The West Coast Dock Crisis: What Happened, What's NextBy and
The West Coast ports of the U.S. returned to full operations over the weekend after the Pacific Maritime Association, which represents management, and the 20,000-member International Longshore and Warehouse Union reached a deal Friday on a five-year contract, ending nine months of talks. It will take six to eight weeks to relieve cargo congestion at ports from San Diego to Bellingham, Washington, where productivity has been reduced by as much as half since November.
U.S. retailers aren't yet seeing the West Coast ports as a viable option and will continue to divert shipments to other ports. The workers themselves haven't yet approved the agreement, and the cargo backlog will take time to clear, according to the National Retail Federation, a Washington-based trade group representing retailers, grocers and wholesalers. The ports are at risk of losing some business permanently.
What's at stake?
West Coast ports are responsible for more than 43 percent of U.S. trade, according to the Pacific Maritime Association’s annual report, and 12.5 percent of the U.S. gross domestic product. A closing would have cost the U.S. economy as much as $2 billion a day, the association said, citing figures from a 2002 lockout that lasted 10 days and cost roughly $1 billion a day.
How much does a dockworker make?
On Feb. 4, management made details of its contract offer public, including 3 percent annual raises and maintaining employer-paid health care and pension programs. The average unionized dockworker currently makes $147,000 a year, according to the management press release.
The union disputes that figure, saying it assumes significant overtime and includes non-salary benefits. Most dockworkers take home less than $100,000 a year, it says.
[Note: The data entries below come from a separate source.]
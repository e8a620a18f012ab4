-- ===== src/Slot/Buckets.antt =====
-- outback/ludo_slot.hh: the answers of `check_slots`, and the reads after a write.
use outback_cxl_numa.Base.{
  ℕ, zero, suc, ◌%◌, ◌^◌, ◌<◌, ◌≡◌, ◌≢◌, ◌⊎◌, inl, inr, true, false, refl, arith, Bool-cases,
  ℕ_discrete,
}
use outback_cxl_numa.Ludo.{Ludo}
use outback_cxl_numa.Slot.{
  LudoBuckets, to_length, to_finger, combine, has_empty, fingerprint, check_slots, write_addr,
  read_addr, read_cachebit, set_cachebit,
}
use outback_cxl_numa.Slot.Word.{
  to_length-combine, to_finger-combine, to_addr-combine, to_cachebit-combine, combine-set_bit,
}

-- The length field of a slot; zero marks the slot as empty.
abbrev pub slot_length : LudoBuckets → ℕ → ℕ → ℕ
slot_length b row slot = to_length (b.slots row slot)

abbrev pub FullRow : LudoBuckets → ℕ → Type 0
FullRow b row =
    (slot_length b row 0 ≢ 0)
    × (slot_length b row 1 ≢ 0)
    × (slot_length b row 2 ≢ 0)
    × (slot_length b row 3 ≢ 0)

-- Some slot of the row but the given one is empty.
abbrev pub SpareSlot : LudoBuckets → ℕ → ℕ → Type 0
SpareSlot b row slot = (s : ℕ) × (s < 4) × (s ≢ slot) × (slot_length b row s ≡ 0)

-- The state of a row that each answer of `check_slots` stands for.
abbrev pub StatusMeans : Ludo → LudoBuckets → ℕ → ℕ → ℕ → ℕ → Type 0
StatusMeans ludo b key row slot status =
    ((status ≡ 0) × (slot_length b row slot ≡ 0))
    ⊎ ((status ≡ 1)
        × (slot_length b row slot ≢ 0)
        × (to_finger (b.slots row slot) ≡ fingerprint ludo key))
    ⊎ ((status ≡ 2)
        × (slot_length b row slot ≢ 0)
        × (to_finger (b.slots row slot) ≢ fingerprint ludo key)
        × SpareSlot b row slot)
    ⊎ ((status ≡ 3) × (to_finger (b.slots row slot) ≢ fingerprint ludo key) × FullRow b row)

has_empty-true :
    (b : LudoBuckets) (row : ℕ)
    → has_empty b row ≡ true
    → (s : ℕ) × (s < 4) × (slot_length b row s ≡ 0)
unfolding has_empty
has_empty-true b row h = elim (ℕ_discrete (slot_length b row 0) 0) [
  | yes e ↦ (0, omega arith, e)
  | no p ↦ elim (ℕ_discrete (slot_length b row 1) 0) [
    | yes e ↦ (1, omega arith, e)
    | no q ↦ elim (ℕ_discrete (slot_length b row 2) 0) [
      | yes e ↦ (2, omega arith, e)
      | no r ↦ (3, omega arith, ground arith)
    ]
  ]
]

has_empty-false : (b : LudoBuckets) (row : ℕ) → has_empty b row ≡ false → FullRow b row
unfolding has_empty
has_empty-false b row h = ground arith

buckets_ext :
    (b c : LudoBuckets)
    → ((r s : ℕ) → b.slots r s ≡ c.slots r s)
    → b.num_elements ≡ c.num_elements
    → b ≡ c
buckets_ext b c h n = λ i. record { slots = λ r s. h r s i; num_elements = n i }

module _ (ludo : Ludo) (b : LudoBuckets) (key row : ℕ) where
  pub check_slots_empty :
      (slot : ℕ) → slot_length b row slot ≡ 0 → check_slots ludo b key row slot ≡ 0
  unfolding check_slots
  check_slots_empty slot h = ground arith

  pub check_slots-eq-zero :
      (slot : ℕ) → check_slots ludo b key row slot ≡ 0 → slot_length b row slot ≡ 0
  unfolding check_slots
  check_slots-eq-zero slot h = ground arith

  not-empty : (slot s : ℕ) → slot_length b row slot ≢ 0 → slot_length b row s ≡ 0 → s ≢ slot
  not-empty slot s h e same = h (rw same at e)

  -- Each answer of `check_slots` describes the row.
  pub check_slots_status :
      (slot : ℕ) → StatusMeans ludo b key row slot (check_slots ludo b key row slot)
  unfolding check_slots
  check_slots_status slot = elim (ℕ_discrete (slot_length b row slot) 0) [
    | yes e ↦ inl (ground arith, e)
    | no n ↦ elim (ℕ_discrete (to_finger (b.slots row slot)) (fingerprint ludo key)) [
      | yes f ↦ inr (inl (ground arith, n, f))
      | no g ↦ elim (Bool-cases (has_empty b row)) [
        | inl t ↦
            let (s, lt, e) = has_empty-true b row t in
            inr (inr (inl (ground arith, n, g, (s, lt, not-empty slot s n e, e))))
        | inr t ↦ inr (inr (inr (ground arith, g, has_empty-false b row t)))
      ]
    ]
  ]

  pub check_slots_match :
      (slot : ℕ)
      → slot_length b row slot ≢ 0
      → to_finger (b.slots row slot) ≡ fingerprint ludo key
      → check_slots ludo b key row slot ≡ 1
  unfolding check_slots
  check_slots_match slot h f = ground arith

  has_empty_of_spare : (slot : ℕ) → SpareSlot b row slot → has_empty b row ≡ true
  unfolding has_empty
  has_empty_of_spare slot (zero, lt, n, e) = ground arith
  has_empty_of_spare slot (suc zero, lt, n, e) = ground arith
  has_empty_of_spare slot (suc (suc zero), lt, n, e) = ground arith
  has_empty_of_spare slot (suc (suc (suc zero)), lt, n, e) = ground arith
  has_empty_of_spare slot (suc (suc (suc (suc s))), lt, n, e) = absurd (omega arith)

  pub check_slots_spare :
      (slot : ℕ)
      → slot_length b row slot ≢ 0
      → to_finger (b.slots row slot) ≢ fingerprint ludo key
      → SpareSlot b row slot
      → check_slots ludo b key row slot ≡ 2
  unfolding check_slots
  check_slots_spare slot h f spare = ground (arith, has_empty_of_spare slot spare)

  pub check_slots_full :
      (slot : ℕ)
      → slot_length b row slot ≢ 0
      → to_finger (b.slots row slot) ≢ fingerprint ludo key
      → FullRow b row
      → check_slots ludo b key row slot ≡ 3
  unfolding check_slots has_empty
  check_slots_full slot h f full = ground arith

  module _ (slot addr len : ℕ) where
    -- The written slot holds the packed word.
    pub slots-write_addr :
        (write_addr ludo b key row slot addr len).slots row slot
        ≡ combine (fingerprint ludo key) len addr
    unfolding write_addr
    slots-write_addr = ground arith

    pub slots-write_addr_ne :
        (r s : ℕ)
        → (r ≢ row) ⊎ (s ≢ slot)
        → (write_addr ludo b key row slot addr len).slots r s ≡ b.slots r s
    unfolding write_addr
    slots-write_addr_ne r s h = ground arith

    pub fingerprint-mod : fingerprint ludo key % 2 ^ 7 ≡ fingerprint ludo key
    unfolding fingerprint
    fingerprint-mod = omega arith

    -- A word written for a key is seen as that key's: an occupied slot, with its fingerprint and
    -- address.
    pub read-write_addr :
        len % 2 ^ 16 ≢ 0
        → (check_slots ludo (write_addr ludo b key row slot addr len) key row slot ≡ 1)
          × (read_addr (write_addr ludo b key row slot addr len) row slot ≡ addr % 2 ^ 40)
          × (slot_length (write_addr ludo b key row slot addr len) row slot ≡ len % 2 ^ 16)
    unfolding check_slots read_addr
    read-write_addr h =
        let w = slots-write_addr in
        let l = to_length-combine (fingerprint ludo key) len addr in
        let f = to_finger-combine (fingerprint ludo key) len addr in
        let m = fingerprint-mod in
        (
          rw (w, l, f, m) (ground arith),
          rw w (to_addr-combine (fingerprint ludo key) len addr),
          rw w l,
        )

    set_cachebit-slots :
        (r s : ℕ)
        → (set_cachebit (write_addr ludo b key row slot addr len) row slot).slots r s
          ≡ (write_addr ludo b key row slot addr len).slots r s
    unfolding set_cachebit write_addr
    set_cachebit-slots r s = ground (arith, combine-set_bit (fingerprint ludo key) len addr)

    set_cachebit-size :
        (set_cachebit (write_addr ludo b key row slot addr len) row slot).num_elements
        ≡ (write_addr ludo b key row slot addr len).num_elements
    unfolding set_cachebit write_addr
    set_cachebit-size = refl

    -- The flag is already set in every word that `write_addr` makes, so `set_cachebit` cannot mark
    -- such a slot, and `read_cachebit` cannot tell it from an unmarked one.
    pub set_cachebit-write_addr :
        (read_cachebit (write_addr ludo b key row slot addr len) row slot ≡ true)
        × (set_cachebit (write_addr ludo b key row slot addr len) row slot
            ≡ write_addr ludo b key row slot addr len)
    unfolding read_cachebit
    set_cachebit-write_addr = (
      rw (slots-write_addr, to_cachebit-combine (fingerprint ludo key) len addr),
      buckets_ext _ _ set_cachebit-slots set_cachebit-size,
    )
How did they reach a deal?
U.S. Labor Secretary Thomas Perez arrived in San Francisco last week to take part in talks and pushed for a resolution on the last significant roadblock, which was the union’s demand to be able to unilaterally fire arbitrators who hear workplace grievances. On Thursday, Perez gave both sides until Friday to come to an agreement or he would move the talks to Washington. The two sides agreed on a compromise he brokered that would replace the single arbitrator with a panel. The union and management have declined to release details of the tentative agreement, including wages and benefits, until it's presented to members.
These negotiations are always fraught. The 2008 talks — the only ones between 2002, when port employers ordered a lockout of the dockworkers, and the current brinksmanship — weren't especially acrimonious, but the talks are never done before the contract expires.
What's happening at the ports right now?
Port operations began returning to normal by Saturday night as workers arrived to unload cargo. About 1,500 jobs were posted for the night shift Saturday at the union's dispatch hall in Wilmington, California. At the Port of Oakland, 11 vessels were at berth on Saturday, with three more at anchor and 13 in the Pacific Ocean outside San Francisco Bay awaiting berths. In Seattle, three terminals were full, with five vessels waiting to be unloaded. Another five were at anchor near the port, with seven more waiting near the Port of Tacoma.
The Pacific Maritime Association, the bargaining agent for shipping lines, terminal operators and stevedores, had suspended cargo operations for six days in February — all weekends or holidays — instead of paying overtime for what it said was diminished productivity. Those actions had contributed to the backups.
Dockworkers will decide whether to approve the agreement. Ports will be working to relieve the backlog as vessels that have been anchored offshore fill their terminals. Some retailers will resume shipments to West Coast ports after diverting cargo to ports in the East Coast, Gulf Coast, Canada and Mexico.